I don't have good solutions for either of these, tho.

tabatkins commented 7 years ago

Actually, the first bullet point (can't bind sub-values of an array) would be solved by #10 - [x, foo@[...]] would bind x to the first element, and foo to the second element (while ensuring that foo is an array).

bterlson commented 7 years ago

Agreed, first bullet is a great motivator for #10.

I don't understand the second bullet, though. I don't understand how this is different from how you can't declare a variable named else. Can you elaborate?

tabatkins commented 7 years ago

Ignore the second one, I thought that you could name a variable else.
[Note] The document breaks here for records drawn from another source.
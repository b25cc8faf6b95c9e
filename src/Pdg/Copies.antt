-- ===== src/Pdg/Copies.antt =====
-- PDG.cpp: what copyEdgesInto does for one edge.
use noelle_public.Dg.Store.{Dg, Edge}
use noelle_public.Dg.Node.{get_src, get_dst}
use noelle_public.Dg.Invariant.{IsValid}
use noelle_public.Dg.Build.{is_internal, is_external, is_in_graph, fetch_or_add_node, copy_add_edge}
use noelle_public.Dg.Joining.{Grows, Grows-trans, Joins}
use noelle_public.Dg.Description.{describe, describe_ends, map-describe_kept, map-describe_joined}
use noelle_public.Dg.Copying.{IsPlain, copy_add_edge_lem}
use noelle_public.Dg.Keeping.{Keeps, keep_lem}
use noelle_public.Pdg.Subgraph.{copy_edge_into, attach_copy}
use noelle_public.Pdg.Chosen.{crosses}
use noelle_public.Prelude.{
  ℕ, ◌≡◌, refl, ◌∙◌, Bool, true, false, not, ◌&&◌, ◌||◌, some, ◌∷◌, map, has, subst, arith, ◌==◌,
  ◌>>=◌,
}

-- The graph g' is g with a copy of edge e of the old graph, which joins values s and t.
pub record CopiesEdge (old g : Dg) (e s t : ℕ) (g' : Dg) : Type 0 where
  pub valid : IsValid g'
  pub grows : Grows g g'
  pub same_internal : g'.internal ≡ g.internal
  pub says : map (describe g') g'.all_edges ≡ describe old e ∷ map (describe g) g.all_edges
  pub externals :
      (u : ℕ)
      → is_external g' u ≡ (is_external g u || (not (is_internal g u) && (s == u || t == u)))

module _ (g g₁ g₂ g₃ : Dg) (s t : ℕ) (make : ℕ → ℕ → Edge) (k₁ : Keeps g s g₁) (k₂ : Keeps g₁ t g₂)
    (j : Joins g₂ s t make g₃) where
  copy-Grows : Grows g g₃
  copy-Grows = Grows-trans g g₂ g₃ (Grows-trans g g₁ g₂ k₁.grows k₂.grows) j.grows

  copy_externals :
      (u : ℕ)
      → is_external g₃ u ≡ (is_external g u || (not (is_internal g u) && (s == u || t == u)))
  unfolding is_external is_internal
  copy_externals u =
      ground
        (arith, k₁.externals u, k₂.externals u, k₁.same_internal, k₂.same_internal, j.same_external)

module _ (carried : ℕ → Bool) (old g : Dg) (link_to_external : Bool) (e s t : ℕ) where
  pub copy_edge_skipped :
      crosses link_to_external (is_internal g s) (is_internal g t) ≡ false
      → copy_edge_into carried old g link_to_external e s t ≡ some g
  unfolding copy_edge_into
  copy_edge_skipped out = ground arith

  pub copy_edge_taken :
      crosses link_to_external (is_internal g s) (is_internal g t) ≡ true
      → copy_edge_into carried old g link_to_external e s t
        ≡ attach_copy carried old g e s t (is_internal g s) (is_internal g t)
  unfolding copy_edge_into
  copy_edge_taken in_part = ground arith

pub is_internal_same :
    (g g' : Dg) (t : ℕ) → g'.internal ≡ g.internal → is_internal g' t ≡ is_internal g t
unfolding is_internal
is_internal_same g g' t same = rw same refl

module _ (carried : ℕ → Bool) (old g : Dg) (e s t : ℕ) where
  abbrev after_src : Dg
  after_src = (fetch_or_add_node g s (is_internal g s)).0

  abbrev after_dst : Dg
  after_dst = (fetch_or_add_node after_src t (is_internal g t)).0

  attached :
      (x : Edge) (g' : Dg) (e' : ℕ)
      → old.edges e ≡ some x
      → copy_add_edge carried after_dst x s t ≡ some (g', e')
      → attach_copy carried old g e s t (is_internal g s) (is_internal g t) ≡ some g'
  unfolding attach_copy
  attached x g' e' at_e run = rw (at_e, ◌>>=◌) (rw (run, ◌>>=◌) refl)

  both_nodes : IsValid g → Keeps g s after_src × Keeps after_src t after_dst
  both_nodes v =
      let k = keep_lem g s v in
      (
        k,
        subst (λ b. Keeps after_src t (fetch_or_add_node after_src t b).0)
            (is_internal_same g after_src t k.same_internal) (keep_lem after_src t k.valid),
      )

  -- In the second graph both values are in the graph.
  first_inside : Keeps g s after_src → Keeps after_src t after_dst → is_in_graph after_dst s ≡ true
  unfolding is_in_graph
  first_inside k₁ k₂ =
      ground
        (arith, k₁.inside, k₂.externals s, is_internal_same after_src after_dst s k₂.same_internal)

  says_more :
      (g' : Dg) (x : Edge) (s' t' : ℕ)
      → describe g' after_dst.next_edge ≡ some (x.kind, x.loop_carried, s, t)
      → describe old e ≡ some (x.kind, x.loop_carried, s', t')
      → s' ≡ s
      → t' ≡ t
      → map (describe after_dst) g.all_edges ≡ map (describe g) g.all_edges
      → after_dst.all_edges ≡ g.all_edges
      → (describe g' after_dst.next_edge ∷ map (describe after_dst) after_dst.all_edges)
        ≡ (describe old e ∷ map (describe g) g.all_edges)
  says_more g' x s' t' new old_says is_s is_t kept same =
      rw (same, kept, new, old_says, is_s, is_t) refl

  -- An edge of the old graph is copied between the nodes of its values.
  pub attach_copy_lem :
      IsValid old
      → IsValid g
      → has e old.all_edges ≡ true
      → ((x : Edge) → old.edges e ≡ some x → IsPlain x)
      → get_src old e ≡ some s
      → get_dst old e ≡ some t
      → (g' : Dg) × (attach_copy carried old g e s t (is_internal g s) (is_internal g t) ≡ some g')
        × CopiesEdge old g e s t g'
  attach_copy_lem old_valid v member plain src dst =
      let (x, s', t', at_e, src', dst', says_old) = describe_ends old e old_valid member in
      let (k₁, k₂) = both_nodes v in
      let (g', run, j, says_new) =
        copy_add_edge_lem carried x (plain x at_e) after_dst s t k₂.valid (first_inside k₁ k₂)
          k₂.inside in
      let grows = Grows-trans g after_src after_dst k₁.grows k₂.grows in
      let same_edges = k₂.same_edges ∙ k₁.same_edges in
      let is_s : s' ≡ s = cc (src, src') in
      let is_t : t' ≡ t = cc (dst, dst') in
      (
        g',
        attached x g' after_dst.next_edge at_e run,
        record {
          valid = j.valid;
          grows = copy-Grows g after_src after_dst g' s t _ k₁ k₂ j;
          same_internal = j.same_internal ∙ (k₂.same_internal ∙ k₁.same_internal);
          says =
              map-describe_joined after_dst g' s t _ k₂.valid j
              ∙ says_more g' x s' t' says_new says_old is_s is_t
                  (map-describe_kept g after_dst g.all_edges v grows (λ d l. l)) same_edges;
          externals = copy_externals g after_src after_dst g' s t _ k₁ k₂ j;
        },
      )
samth commented 7 years ago

This is my major concern as well. I would suggest that in addition to #10, we should have a special-case for the current meaning of identifier reference, and have a plain identifier at the top level be a binding.

7fe commented 7 years ago

@tabatkins why not support something like Mathematica's extensions like the following. instead of [x, foo@[...]].

do [x,[foo___]] the amount of underscores denote either 1,1+,0+ selection.

jneen commented 7 years ago

The use cases of identifier reference could be handled with a postfix boolean filtering expression as well, though only slightly clunkier:

var x = ...
match(expr) { x2 if compare(x, x2): ... }
rntz commented 7 years ago

One approach to disambiguating "identifier reference" from binding names would be to default to binding names (as @samth suggests), but to allow a form Identifier pattern to mean "test this against Identifier via Symbol.matches, and also match it against pattern". So for example:

match ([0, 10, 20])   { [Number x, Number y, Number z]: x + y + z } /* result is 30 */
match ([0, 10, "20"]) { [Number x, Number y, Number z]: x + y + z } /* fails to match */

There is a potential gotcha here with objects, however:

match ({x: 2}) {
  {x: Number x}: x
  /*         ^ This x is *not* optional; if omitted, the name `Number` will be
   * bound to `2` within the body of the clause.
   */
}

One could extend the syntax to make object matching more natural; simply allow putting an Identifier before a name in an object match:

match ({x: 2, y: "foo"}) {
  {Number x, Number y}: x + y /* this doesn't match, because `y` is a string */
  {Number x}: x               /* this matches */
}

Another possibly useful extension would be to allow the Symbol.matches method to return a meaningful result on successful match, rather than just "yes it matches". Identifier pattern would then match pattern against the result of the Symbol.matches method. For example, a regex might return a structure containing the results of matching the regex against the string, a la RegExp.exec:

let rex = /w(o+)ah/;
match ("that's like, woooooooah") {
   rex { index }: console.log("match at index " + index)
   /* prints "match at index 13" */
}

It would be neat to allow at least some expressions in the Identifier position, because then you could in-line your regexes:

match ("that's like, woooooooah") {
   /w(o+)ah/ { index }: console.log("match at index " + index)
   /* prints "match at index 13" */
}

Just some ideas. The "just put an identifier next to a pattern" syntax is very convenient, but might be confusing; maybe a more explicit syntax would be better.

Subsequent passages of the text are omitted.